§ **What to produce**
Among the entries beneath this sentence, how many lines include the word "then"? Only the number is wanted.

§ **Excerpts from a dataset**
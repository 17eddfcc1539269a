-- ===== src/Echo.antt =====
-- The echo servers that serve many connections in one process:
-- 16_block_nonblock/echo_server_nonblocking/main.c and 13_Select/echo_server_multi/main.c.
pub mod NonBlocking
pub mod Covered
pub mod Sweep
pub mod Select
pub mod Ready
pub mod Watched
mod Examples
mod SelectExamples
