-- ===== src/Echo/NonBlocking.antt =====
-- 16_block_nonblock/echo_server_nonblocking/main.c: a server that asks every connection in turn.
use network_ex.Common.{
  ℕ, zero, suc, ◌+◌, Option, none, some, List, [], ◌∷◌, ◌++◌, length, drop, replicate, ltb, ◌==◌,
  if◌then◌else◌,
}
use network_ex.Common.Bytes.{Bytes}
use network_ex.Common.Int.{ℤ, pos, negsuc}

-- MAXLINE
abbrev pub max_line : ℕ
max_line = 1024

-- The number of entries of `client_fd_array`.
abbrev pub array_size : ℕ
array_size = 1024

-- `client_fd_array`: 1 for a connection, -1 otherwise.
abbrev pub FdArray : Type 0
FdArray = ℕ → ℤ

unfoldable pub assign : FdArray → ℕ → ℤ → FdArray
assign fds fd v i = if fd == i then v else fds i

-- What `accept` answers: a connection, EAGAIN, or another error.
pub data Accepted : Type 0 where
  connection : ℕ → Accepted
  again : Accepted
  failed : Accepted

-- What `read` answers: EAGAIN, another error, or bytes, of which there are none at the end.
pub data Incoming : Type 0 where
  would_block : Incoming
  broken : Incoming
  got : Bytes → Incoming

pub data Output : Type 0 where
  write : ℕ → Bytes → Output
  close : ℕ → Output

-- What the loop over the connections leaves.
pub record Swept : Type 0 where
  pub fds : FdArray
  pub outputs : List Output

-- `read` stores the bytes over the start of `buf`.
abbrev pub read_into : Bytes → Bytes → Bytes
read_into bs buf = bs ++ drop (length bs) buf

-- The rounds left of the loop, at `i`. `buf` is cleared before the loop, not in it, and all of it is
-- written back. The loop ends with the first connection that is closed.
unfoldable pub sweep : (ℕ → Incoming) → ℕ → ℕ → Bytes → FdArray → Swept
sweep reads zero i buf fds = record { fds = fds; outputs = [] }
sweep reads (suc n) i buf fds = elim (fds i) [
  | pos (suc zero) ↦ elim (reads i) [
    | would_block ↦ sweep reads n (i + 1) buf fds
    | broken ↦ record { fds = assign fds i (negsuc 0); outputs = close i ∷ [] }
    | got [] ↦ record { fds = assign fds i (negsuc 0); outputs = close i ∷ [] }
    | got (b ∷ bs) ↦
        let buf' = read_into (b ∷ bs) buf in
        let more = sweep reads n (i + 1) buf' fds in
        record { fds = more.fds; outputs = write i buf' ∷ more.outputs }
  ]
  | _ ↦ sweep reads n (i + 1) buf fds
]

pub record Server : Type 0 where
  pub client_fd_array : FdArray
  pub maxfd : ℕ

-- Before the loop of `main`.
abbrev pub init : ℕ → Server
init server_sockfd = record { client_fd_array = λ i. negsuc 0; maxfd = server_sockfd }

pub record Turn : Type 0 where
  pub server : Server
  pub outputs : List Output

-- One round of the loop of `main`; `none` where a connection is past the array.
unfoldable pub round : Server → Accepted → (ℕ → Incoming) → Option Turn
unfolding assign
round s (connection fd) reads =
    if ltb fd array_size
    then some (record {
      server = record {
        client_fd_array = assign s.client_fd_array fd (pos 1);
        maxfd = if ltb s.maxfd fd then fd else s.maxfd;
      };
      outputs = [];
    })
    else none
round s failed reads = some (record { server = s; outputs = [] })
round s again reads =
    let swept = sweep reads (s.maxfd + 1) 0 (replicate max_line 0) s.client_fd_array in
    some (record { server = record s { client_fd_array = swept.fds }; outputs = swept.outputs })

-- The loop of `main` over what the kernel answers.
unfoldable pub run : Server → List (Accepted × (ℕ → Incoming)) → Option Server
run s [] = some s
run s ((accepted, reads) ∷ rest) = elim (round s accepted reads) [
  | none ↦ none
  | some turn ↦ run turn.server rest
]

§ **Answer section**
4